‘What do you think, Bankson?’ Fen said. ‘Yes or no on the rain being forced from the earth? Is the good scientist allowed artistic license?’
I chose to continue reading. It was the Dobu section. Fen was the only anthropologist to have ever studied the Dobu, so Helen’s entire portrait of the culture came from his monograph published in Oceania and a series of interviews she conducted with him in New York. I braced myself for Fen’s protests, but he cheered Helen on as she plunged into a disturbing description of a lawless society whose chief virtues were ill will and treachery. Instead of an open communal dance plaza, the center of the village was a graveyard. Instead of communal gardens, each family planted its own yams on rocky private terrain and relied on magic and magic alone for their growth, believing that the yam tubers wandered at night below the ground and only charms and countercharms would entice them home—that the growth of one’s garden depended solely on magic, and not on the amount of seeds one planted.
‘That cannot be true,’ Nell said, slapping the page.
‘Are you doubting your dear friend Helen or your beloved husband or both?’
‘This wasn’t in your monograph. Did you tell her this?’
‘Of course I did.’
‘And you honestly believe that the Dobu did not see a correlation between number of seeds and number of crops?’
‘That is correct.’
I hurried on. Because there was never enough food and they were often half starving, the Dobu had developed a great many superstitions around cultivation. They also felt that the yams didn’t like playing, singing, laughing, or any form of happiness, but that having sex in the garden was essential for growth. Wives were always blamed for the death of their spouse, and it was believed that women could leave their sleeping bodies and do deadly deeds, and as a result, women were deeply feared. They were also deeply desired, and no woman without a chaperone was safe from male advances. They were prudish and reluctant to discuss sex, but they had a lot of it and reported great satisfaction. Mutual sexual satisfaction was important to the Dobu. I could feel my skin burning as I read. Fortunately Fen was concentrating on Helen’s words too closely to tease me about it. One of their most important spells was the spell of invisibility, used primarily for thieving and adultery.
‘They taught me that one,’ Fen said. ‘I still know it by heart.

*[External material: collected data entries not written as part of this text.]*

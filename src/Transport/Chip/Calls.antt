-- ===== src/Transport/Chip/Calls.antt =====
-- `nos_call_application` against an app that keeps to the protocol: a call is one step of the app.
use platform_external_nos_ho.Base.{
  ℕ, ◌+◌, ◌*◌, ◌%◌, ◌^◌, ◌≤◌, ◌<◌, ◌≡◌, ◌≢◌, refl, List, [], ◌∷◌, some, false, arith, length, take,
  pos,
}
use platform_external_nos_ho.Application.AppStatus.{app_error_too_much, app_error_checksum}
use platform_external_nos_ho.Application.Status.{TransportStatus, decode_status, status_max_length}
use platform_external_nos_ho.Device.{Platform}
use platform_external_nos_ho.Transport.Context.{TransportContext, Reply, poll_limit_seconds}
use platform_external_nos_ho.Transport.Status.{clear_status}
use platform_external_nos_ho.Transport.Send.{sent_len}
use platform_external_nos_ho.Transport.Send.Loop.{memory}
use platform_external_nos_ho.Transport.Call.{
  ended, attempts, finish, hide_checksum, invalid_args, nos_call_application,
}
use platform_external_nos_ho.Transport.Call.Memory.{given}
use platform_external_nos_ho.Transport.Call.Steps.{attempts_step, finish_step}
use platform_external_nos_ho.Transport.Chip.{
  Answer, App, Phase, chip_in, waiting, answering, signed, status_of,
}
use platform_external_nos_ho.Transport.Chip.Device.{IsChip, Fits, PhaseFits, stored}
use platform_external_nos_ho.Transport.Chip.Ready.{
  at_work, wiped, clear_status-chip, view-wiped, make_ready-chip,
}
use platform_external_nos_ho.Transport.Chip.Requests.{send_command-chip}
use platform_external_nos_ho.Transport.Chip.Looks.{poll_until_done-chip}
use platform_external_nos_ho.Transport.Chip.Replies.{receive_reply-chip}

-- An answer that the protocol can carry, ready before the host's time is up.
pub record IsAnswer {S : Type 0} (pace : ℕ) (answer : Answer S) : Type 0 where
  pub fits : Fits answer.code answer.reply
  pub not_much : answer.code ≢ app_error_too_much
  pub not_checksum : answer.code ≢ app_error_checksum
  pub in_time : pace + answer.looks * (2 * pace) < poll_limit_seconds * 10 ^ 9

-- What the app makes of the request of a call.
abbrev pub answer_of : {W S : Type 0} → Platform W → TransportContext W → App S → S → Answer S
answer_of platform ctx app kept =
    app kept (ctx.params % 2 ^ 16) (take (sent_len platform ctx) (memory ctx.args))

module _ {W : Type 0} (platform : Platform W) (ctx : TransportContext W) where
  -- Behind a first attempt that ends with the app's code comes the end of the call.
  pub call_step :
      (fuel code len : ℕ) (buf : List ℕ) (s : TransportStatus) (w w₁ w' : W) (r' : Reply)
      → attempts platform ctx fuel 5
          (given buf len)
          0
          (decode_status (platform.uninitialised status_max_length))
          w
        ≡ some (ended code s, w₁)
      → finish platform ctx code s (given buf len) w₁ ≡ ((code, r'), w')
      → invalid_args ctx (given buf len) ≡ false
      → code ≢ app_error_checksum
      → nos_call_application platform ctx fuel (given buf len) w ≡ some ((code, r'), w')
  unfolding nos_call_application hide_checksum
  call_step fuel code len buf s w w₁ w' r' tried finished valid other =
      ground (arith, tried, finished, valid)

  pub finish_empty :
      (code : ℕ) (s : TransportStatus) (buf : List ℕ) (len : ℕ) (w w' : W)
      → s.reply_len ≡ 0
      → clear_status platform ctx w ≡ (pos 0, w')
      → finish platform ctx code s (given buf len) w ≡ ((code, given buf 0), w')
  unfolding finish
  finish_empty code s buf len w w' none_left cleared = ground (arith, cleared, none_left)

module _ {W S : Type 0} (platform : Platform W) (ctx : TransportContext W) (app : App S) (pace : ℕ)
    (chip : IsChip platform ctx.dev ctx.app_id app pace) where
  open chip use {view, awake}

  finish-chip :
      (code : ℕ) (reply : List ℕ) (kept : S) (buf : List ℕ) (len : ℕ) (w : W)
      → view w ≡ chip_in (answering code reply reply) kept
      → length reply < 2 ^ 16
      → length reply ≤ len
      → len ≤ length buf
      → (w' : W) × (finish platform ctx code
            (status_of (answering code reply reply))
            (given buf len)
            w
          ≡ ((code, given (stored reply buf) (length reply)), w'))
        × (view w' ≡ chip_in (waiting []) kept)
  unfolding status_of signed
  finish-chip code [] kept buf len w e small fits room = (
    wiped platform ctx w,
    finish_empty platform ctx code (status_of (answering code [] [])) buf len w
        (wiped platform ctx w) refl (clear_status-chip platform ctx app pace chip w),
    view-wiped platform ctx app pace chip w (answering code [] []) kept e,
  )
  finish-chip code (b ∷ bs) kept buf len w e small fits room =
      let reply : List ℕ = b ∷ bs in
      let s = status_of (answering code reply reply) in
      let (w₁, rest, received, left) =
        receive_reply-chip platform ctx app pace chip code reply kept s len buf reply w e refl refl
          small fits room in
      (
        wiped platform ctx w₁,
        finish_step platform ctx awake code s buf reply len w w₁ (wiped platform ctx w₁) refl
            (omega arith) fits received (clear_status-chip platform ctx app pace chip w₁),
        view-wiped platform ctx app pace chip w₁ (answering code reply rest) kept left,
      )

  -- On a device whose app keeps to the protocol and is not at work, with valid arguments that
  -- 16 bits can count, and a caller's buffer with room for the reply: if the answer of the app is
  -- ready in time, and is one that the protocol can carry, then the app finds the request and its
  -- checksum intact, and a call returns the code of the answer, puts all of its reply at the front
  -- of the buffer, and gives its length. The app has made one step on the request, and is idle.
  pub nos_call_application-chip :
      (fuel len : ℕ) (buf : List ℕ) (w : W) (phase : Phase) (kept : S)
      → view w ≡ chip_in phase kept
      → PhaseFits phase
      → at_work phase ≡ false
      → IsAnswer pace (answer_of platform ctx app kept)
      → (answer_of platform ctx app kept).looks < fuel
      → invalid_args ctx (given buf len) ≡ false
      → ctx.arg_len < 2 ^ 16
      → sent_len platform ctx ≤ length (memory ctx.args)
      → length (answer_of platform ctx app kept).reply ≤ len
      → len ≤ length buf
      → let answer = answer_of platform ctx app kept in
        (w' : W) × (nos_call_application platform ctx fuel (given buf len) w
          ≡ some ((answer.code, given (stored answer.reply buf) (length answer.reply)), w'))
        × (view w' ≡ chip_in (waiting []) answer.kept)
  nos_call_application-chip fuel len buf w phase kept e whole rests ok enough valid short hmem fits
        room =
      let answer = answer_of platform ctx app kept in
      let r = given buf len in
      let undefined = decode_status (platform.uninitialised status_max_length) in
      let (w₁, earlier, ready, idle) =
        make_ready-chip platform ctx app pace chip w phase kept e whole rests in
      let (w₂, sent, begins) =
        send_command-chip platform ctx app pace chip r w₁ earlier kept idle short hmem in
      let (w₃, polled, done) =
        poll_until_done-chip platform ctx app pace chip answer.code answer.reply answer.kept ok.fits
          answer.looks fuel undefined w₂ begins enough ok.in_time in
      let status = status_of (answering answer.code answer.reply answer.reply) in
      let (w', finished, view_ends) =
        finish-chip answer.code answer.reply answer.kept buf len w₃ done ok.fits.1 fits room in
      let tried =
        attempts_step platform ctx awake fuel 4 answer.code 0 r undefined status w w₁ w₂ w₃ ready
          sent polled ok.not_much ok.not_checksum in
      (
        w',
        call_step platform ctx fuel answer.code len buf status w w₃ w'
            (given (stored answer.reply buf) (length answer.reply)) tried finished valid
            ok.not_checksum,
        view_ends,
      )
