-- ===== src/Client/Nugget/OnChip.antt =====
-- A call of a client whose device has an app behind it that keeps to the protocol.
use mathlib.Core.Path.{subst}
use platform_external_nos_ho.Base.{
  ℕ, ◌%◌, ◌^◌, ◌≤◌, ◌<◌, ◌≡◌, sym, ap, ap₂, ◌∙◌, List, [], length, take-all, false, some, arith,
}
use platform_external_nos_ho.Transport.Call.{nos_call_application}
use platform_external_nos_ho.Transport.Call.Memory.{given}
use platform_external_nos_ho.Transport.Chip.{Answer, App, Phase, chip_in, waiting}
use platform_external_nos_ho.Transport.Chip.Device.{IsChip, PhaseFits, stored}
use platform_external_nos_ho.Transport.Chip.Ready.{at_work}
use platform_external_nos_ho.Transport.Chip.Calls.{IsAnswer, answer_of, nos_call_application-chip}
use platform_external_nos_ho.Client.Vector.{Vector, IsVector}
use platform_external_nos_ho.Client.Host.{Host, OpenDevice}
use platform_external_nos_ho.Client.Nugget.{
  NuggetClient, request_context, device_of, call_device, call_app,
}
use platform_external_nos_ho.Client.Nugget.Calls.{
  full, length-full, cut_to_answer, call_app-open, valid_args,
}

module _ {W S : Type 0} (host : Host W) (d : OpenDevice W) (app_id : ℕ) (app : App S) (pace : ℕ)
    (chip : IsChip host.platform d.device (app_id % 2 ^ 8) app pace) where
  open chip use {view}

  -- The app gets all of a request that 16 bits can count.
  answer_of-request :
      (arg : ℕ) (request : List ℕ) (kept : S) (answer : Answer S)
      → length request < 2 ^ 16
      → app kept (arg % 2 ^ 16) request ≡ answer
      → answer_of host.platform (request_context d.device app_id arg request) app kept ≡ answer
  unfolding request_context
  answer_of-request arg request kept answer short answered =
      let param : arg % 2 ^ 16 % 2 ^ 16 ≡ arg % 2 ^ 16 = omega arith in
      let all : length request ≤ length request % 2 ^ 32 % 2 ^ 16 = omega arith in
      ap₂ (app kept) param (take-all (length request % 2 ^ 32 % 2 ^ 16) request all) ∙ answered

  -- What a call on a given buffer returns for an answer of the app.
  abbrev Returns : ℕ → ℕ → List ℕ → ℕ → List ℕ → W → Answer S → Type 0
  Returns fuel arg request len buf w answer =
      (w' : W) × (nos_call_application host.platform (request_context d.device app_id arg request)
          fuel (given buf len) w
        ≡ some ((answer.code, given (stored answer.reply buf) (length answer.reply)), w'))
      × (view w' ≡ chip_in (waiting []) answer.kept)

  returns :
      (fuel arg : ℕ) (request : List ℕ) (len : ℕ) (buf : List ℕ) (w : W) (phase : Phase) (kept : S)
      (answer : Answer S)
      → view w ≡ chip_in phase kept
      → PhaseFits phase
      → at_work phase ≡ false
      → length request < 2 ^ 16
      → app kept (arg % 2 ^ 16) request ≡ answer
      → IsAnswer pace answer
      → answer.looks < fuel
      → length answer.reply ≤ len
      → len ≤ length buf
      → Returns fuel arg request len buf w answer
  unfolding request_context
  returns fuel arg request len buf w phase kept answer e whole rests short answered ok enough fits
        room =
      let ctx = request_context d.device app_id arg request in
      let same = answer_of-request arg request kept answer short answered in
      let back = sym same in
      subst (Returns fuel arg request len buf w) same (
        nos_call_application-chip host.platform ctx app pace chip fuel len buf w phase kept e whole
          rests (subst (IsAnswer pace) back ok) (subst (λ a. a.looks < fuel) back enough)
          (valid_args host d app_id arg request buf len) (omega arith) (omega arith)
          (subst (λ a. length a.reply ≤ len) back fits) room)

  -- For an open client on a device whose app keeps to the protocol and is not at work: with a request
  -- that 16 bits can count, and a response with room for the reply, below 2 ^ 32, if the answer of the
  -- app is in time and one that the protocol can carry, the call returns the app's code, and the
  -- response holds the app's reply and no other bytes. The app has made one step, and is idle.
  pub call_app-chip :
      (fuel : ℕ) (c : NuggetClient W) (arg : ℕ) (request : List ℕ) (v : Vector) (w : W)
      (phase : Phase) (kept : S) (answer : Answer S)
      → device_of c ≡ some d
      → view w ≡ chip_in phase kept
      → PhaseFits phase
      → at_work phase ≡ false
      → length request < 2 ^ 16
      → app kept (arg % 2 ^ 16) request ≡ answer
      → IsAnswer pace answer
      → answer.looks < fuel
      → IsVector v
      → v.capacity < 2 ^ 32
      → length answer.reply ≤ v.capacity
      → (w' : W) × (call_app host fuel c app_id arg request (some v) w
          ≡ some ((answer.code, some (record { bytes = answer.reply; capacity = v.capacity })), w'))
        × (view w' ≡ chip_in (waiting []) answer.kept)
  unfolding call_device
  call_app-chip fuel c arg request v w phase kept answer has e whole rests short answered ok enough
        hv small fits =
      let buf = (full v).bytes in
      let size = length-full v hv in
      let len : length buf % 2 ^ 32 ≡ v.capacity = omega (arith, size) in
      let (w', called, left) =
        returns fuel arg request (length buf % 2 ^ 32) buf w phase kept answer e whole rests short
          answered ok enough (omega (arith, len)) (omega (arith, size)) in
      (
        w',
        call_app-open host fuel c d app_id arg request (some v) w has (omega arith)
            ∙ rw (called, call_device)
                (ap (λ (u : Vector). some ((answer.code, some u), w'))
                  (cut_to_answer v answer.reply fits)),
        left,
      )
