-- ===== src/Client/StatusName.antt =====
-- libnos/debug.cpp.
pub mod Laws
mod Examples
use platform_external_nos_ho.Base.{ℕ, ◌+◌, ◌-◌, ◌%◌, ◌^◌, ◌&&◌, ltb, leb, ◌==◌, if◌then◌else◌}
use platform_external_nos_ho.Application.AppStatus.{
  app_success, app_error_bogus_args, app_error_internal, app_error_too_much, app_error_io,
  app_error_rpc, app_error_checksum, app_error_busy, app_error_timeout, app_specific_error,
  app_line_number_base, max_app_status,
}
use Prim.Native.String.{String, ◌++◌ as ◌<>◌}

-- The difference is an `unsigned int`.
abbrev pub from_base : ℕ → ℕ
from_base code = (code + 2 ^ 32 - app_line_number_base) % 2 ^ 32

-- `std::to_string`
module _ (to_string : ℕ → String) where
  -- Behind the cases of the switch.
  unfoldable pub default_string : ℕ → String
  default_string code =
      if leb app_line_number_base code && ltb code max_app_status
      then "APP_LINE_NUMBER " <> to_string (from_base code)
      else if leb app_specific_error code && ltb code app_line_number_base
      then "APP_SPECIFIC_ERROR "
        <> to_string app_line_number_base
        <> " + "
        <> to_string (from_base code)
      else "unknown"

  unfoldable pub status_code_string : ℕ → String
  unfolding default_string
  status_code_string code =
      if code == app_success
      then "APP_SUCCESS"
      else if code == app_error_bogus_args
      then "APP_ERROR_BOGUS_ARGS"
      else if code == app_error_internal
      then "APP_ERROR_INTERNAL"
      else if code == app_error_too_much
      then "APP_ERROR_TOO_MUCH"
      else if code == app_error_io
      then "APP_ERROR_IO"
      else if code == app_error_rpc
      then "APP_ERROR_RPC"
      else if code == app_error_checksum
      then "APP_ERROR_CHECKSUM"
      else if code == app_error_busy
      then "APP_ERROR_BUSY"
      else if code == app_error_timeout
      then "APP_ERROR_TIMEOUT"
      else default_string code
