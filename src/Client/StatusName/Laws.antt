-- ===== src/Client/StatusName/Laws.antt =====
-- What a status code's name tells.
use mathlib.Core.Option
use mathlib.Core.Path.{subst}
use Prim.Native.String.{String, ◌++◌ as ◌<>◌, slice}
use text.Mathlib.Text.{◌==◌ as ◌=?◌, starts_with}
use text.Mathlib.TextLemmas.{append_assoc, append_cancel_left}
use text.Mathlib.TextPositions.{slice-append_left, starts_with-append}
use platform_external_nos_ho.Base.{
  ℕ, ◌^◌, ◌≤◌, ◌<◌, ◌≡◌, ◌≢◌, refl, sym, ap, ◌∙◌, ◌&&◌, ltb, leb, ◌==◌, if◌then◌else◌, Option, none,
  some, ==_iff, Bool-cases, inl, inr, arith,
}
use platform_external_nos_ho.Application.AppStatus.{
  app_success, app_error_bogus_args, app_error_internal, app_error_too_much, app_error_io,
  app_error_rpc, app_error_checksum, app_error_busy, app_error_timeout, app_specific_error,
  app_line_number_base, max_app_status,
}
use platform_external_nos_ho.Client.StatusName.{from_base, default_string, status_code_string}

-- The code of a plain name.
abbrev plain : String → Option ℕ
plain s =
    if s =? "APP_SUCCESS"
    then some app_success
    else if s =? "APP_ERROR_BOGUS_ARGS"
    then some app_error_bogus_args
    else if s =? "APP_ERROR_INTERNAL"
    then some app_error_internal
    else if s =? "APP_ERROR_TOO_MUCH"
    then some app_error_too_much
    else if s =? "APP_ERROR_IO"
    then some app_error_io
    else if s =? "APP_ERROR_RPC"
    then some app_error_rpc
    else if s =? "APP_ERROR_CHECKSUM"
    then some app_error_checksum
    else if s =? "APP_ERROR_BUSY"
    then some app_error_busy
    else if s =? "APP_ERROR_TIMEOUT"
    then some app_error_timeout
    else none

-- By what a name begins with.
abbrev family : String → ℕ
family s =
    if starts_with s "APP_LINE_NUMBER " then 1 else if starts_with s "APP_SPECIFIC_" then 2 else 0

module _ (to_string : ℕ → String) where
  data Said (code : ℕ) (s : String) : Type 0 where
    name : plain s ≡ some code → family s ≡ 0 → Said code s
    line :
        app_line_number_base ≤ code
        → s ≡ "APP_LINE_NUMBER " <> to_string (from_base code)
        → Said code s
    specific :
        code < app_line_number_base
        → s
          ≡ "APP_SPECIFIC_ERROR "
            <> to_string app_line_number_base
            <> " + "
            <> to_string (from_base code)
        → Said code s
    unknown : s ≡ "unknown" → Said code s

  Said-case :
      (code c : ℕ) (s rest : String)
      → plain s ≡ some c
      → family s ≡ 0
      → Said code rest
      → Said code (if code == c then s else rest)
  Said-case code c s rest p f said = elim (Bool-cases (code == c)) [
    | inl is ↦
        let same : code ≡ c = (==_iff code c).0 is in
        rw is (name (p ∙ ap (λ n. some n) (sym same)) f)
    | inr other ↦ rw other said
  ]

  default_string-Said : (code : ℕ) → code < 2 ^ 32 → Said code (default_string to_string code)
  unfolding default_string
  default_string-Said code small =
      elim (Bool-cases (leb app_line_number_base code && ltb code max_app_status)) [
        | inl is ↦ rw is (line (ground arith) refl)
        | inr other ↦
            elim (Bool-cases (leb app_specific_error code && ltb code app_line_number_base)) [
              | inl is ↦ rw (other, is) (specific (ground arith) refl)
              | inr neither ↦ rw (other, neither) (unknown refl)
            ]
      ]

  status_code_string-Said :
      (code : ℕ) → code < 2 ^ 32 → Said code (status_code_string to_string code)
  unfolding status_code_string
  status_code_string-Said code small = Said-case code app_success "APP_SUCCESS" _ refl refl (
      Said-case code app_error_bogus_args "APP_ERROR_BOGUS_ARGS" _ refl refl (
        Said-case code app_error_internal "APP_ERROR_INTERNAL" _ refl refl (
          Said-case code app_error_too_much "APP_ERROR_TOO_MUCH" _ refl refl (
            Said-case code app_error_io "APP_ERROR_IO" _ refl refl (
              Said-case code app_error_rpc "APP_ERROR_RPC" _ refl refl (
                Said-case code app_error_checksum "APP_ERROR_CHECKSUM" _ refl refl (
                  Said-case code app_error_busy "APP_ERROR_BUSY" _ refl refl (
                    Said-case code app_error_timeout "APP_ERROR_TIMEOUT" _ refl refl
                      (default_string-Said code small)))))))))

  family-line : (t : String) → family ("APP_LINE_NUMBER " <> t) ≡ 1
  family-line t = rw (starts_with-append "APP_LINE_NUMBER " t)

  -- Sixteen characters, as many as of the other family's beginning.
  family-specific : (t : String) → family ("APP_SPECIFIC_ERROR " <> t) ≡ 2
  family-specific t =
      let sixteen : slice ("APP_SPECIFIC_ERROR " <> t) 0 16 ≡ "APP_SPECIFIC_ERR" =
        ap (λ s. slice s 0 16) (append_assoc "APP_SPECIFIC_ERR" "OR " t)
        ∙ slice-append_left "APP_SPECIFIC_ERR" ("OR " <> t) in
      let thirteen : slice ("APP_SPECIFIC_ERROR " <> t) 0 13 ≡ "APP_SPECIFIC_" =
        ap (λ s. slice s 0 13) (append_assoc "APP_SPECIFIC_" "ERROR " t)
        ∙ slice-append_left "APP_SPECIFIC_" ("ERROR " <> t) in
      rw (sixteen, thirteen)

  from_base-inj :
      (code code' : ℕ)
      → code < 2 ^ 32
      → code' < 2 ^ 32
      → from_base code ≡ from_base code'
      → code ≡ code'
  from_base-inj code code' small small' h = omega arith

  -- The code that a family's name tells.
  told :
      (code code' : ℕ) (prefix : String)
      → ((m n : ℕ) → to_string m ≡ to_string n → m ≡ n)
      → code < 2 ^ 32
      → code' < 2 ^ 32
      → prefix <> to_string (from_base code) ≡ prefix <> to_string (from_base code')
      → code ≡ code'
  told code code' prefix distinct small small' h = from_base-inj code code' small small' (
      distinct (from_base code) (from_base code')
        (append_cancel_left prefix (to_string (from_base code)) (to_string (from_base code')) h))

  of_line : (s t : String) → s ≡ "APP_LINE_NUMBER " <> t → family s ≡ 1
  of_line s t e = ap family e ∙ family-line t

  of_specific : (s t : String) → s ≡ "APP_SPECIFIC_ERROR " <> t → family s ≡ 2
  of_specific s t e = ap family e ∙ family-specific t

  apart : {m n : ℕ} (s : String) → family s ≡ m → family s ≡ n → (m ≡ n → ⊥) → ⊥
  apart s f g differ = differ (sym f ∙ g)

  Said-inj :
      (code code' : ℕ) (s : String)
      → ((m n : ℕ) → to_string m ≡ to_string n → m ≡ n)
      → code < 2 ^ 32
      → code' < 2 ^ 32
      → s ≢ "unknown"
      → Said code s
      → Said code' s
      → code ≡ code'
  Said-inj code code' s distinct small small' known (unknown u) said = absurd (known u)
  Said-inj code code' s distinct small small' known said (unknown u) = absurd (known u)
  Said-inj code code' s distinct small small' known (name p f) (name q g) =
      ap (λ o. Option.get_or o 0) (sym p ∙ q)
  Said-inj code code' s distinct small small' known (line b e) (line b' e') =
      told code code' "APP_LINE_NUMBER " distinct small small' (sym e ∙ e')
  Said-inj code code' s distinct small small' known (specific b e) (specific b' e') =
      let base = to_string app_line_number_base in
      told code code' " + " distinct small small' (
        append_cancel_left base (" + " <> to_string (from_base code))
          (" + " <> to_string (from_base code'))
          (append_cancel_left "APP_SPECIFIC_ERROR " _ _ (sym e ∙ e')))
  Said-inj code code' s distinct small small' known (name p f) (line b e) =
      absurd (apart s f (of_line s _ e) (λ h. omega arith))
  Said-inj code code' s distinct small small' known (line b e) (name p f) =
      absurd (apart s f (of_line s _ e) (λ h. omega arith))
  Said-inj code code' s distinct small small' known (name p f) (specific b e) =
      absurd (apart s f (of_specific s _ e) (λ h. omega arith))
  Said-inj code code' s distinct small small' known (specific b e) (name p f) =
      absurd (apart s f (of_specific s _ e) (λ h. omega arith))
  Said-inj code code' s distinct small small' known (line b e) (specific b' e') =
      absurd (apart s (of_line s _ e) (of_specific s _ e') (λ h. omega arith))
  Said-inj code code' s distinct small small' known (specific b' e') (line b e) =
      absurd (apart s (of_line s _ e) (of_specific s _ e') (λ h. omega arith))

  -- Where to_string tells numbers apart: no two 32-bit status codes have the same name, but for those
  -- whose name is "unknown".
  pub status_code_string_injective :
      (code code' : ℕ)
      → ((m n : ℕ) → to_string m ≡ to_string n → m ≡ n)
      → code < 2 ^ 32
      → code' < 2 ^ 32
      → status_code_string to_string code ≢ "unknown"
      → status_code_string to_string code ≡ status_code_string to_string code'
      → code ≡ code'
  status_code_string_injective code code' distinct small small' known same =
      Said-inj code code' (status_code_string to_string code) distinct small small' known
        (status_code_string-Said code small)
        (subst (Said code') (sym same) (status_code_string-Said code' small'))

Come in handy someday.’
‘ “The Dobuan,” Helen concluded, “lives out without repression man’s worst nightmares of the ill-will of the universe.” ’
‘I think they’re the most terrifying people I’ve ever read about,’ I said.
‘Fen was a little unstable when I met him,’ Nell said. ‘His eyes were like this.’ She stretched her eyelids as open as possible.
‘I’d been frightened out of my mind every day for two years,’ he said.
‘I wouldn’t have lasted half that,’ I said, but it occurred to me that the Dobu sounded a lot like him: his paranoid streak, his dark humor, his distrust of pleasure, his secrecy. I couldn’t help questioning the research. When only one person is the expert on a particular people, do we learn more about the people or the anthropologist when we read the analysis? As usual, I found myself more interested in that intersection than anything else.
At some point Fen brought out cans of sardines and apricots that we ate with our fingers, our stomachs suddenly as ravenous as our minds. We all had our notebooks out by then, making notes for Helen and notes for ourselves, and everything got stained as we tried to read and write and argue and eat all at the same time.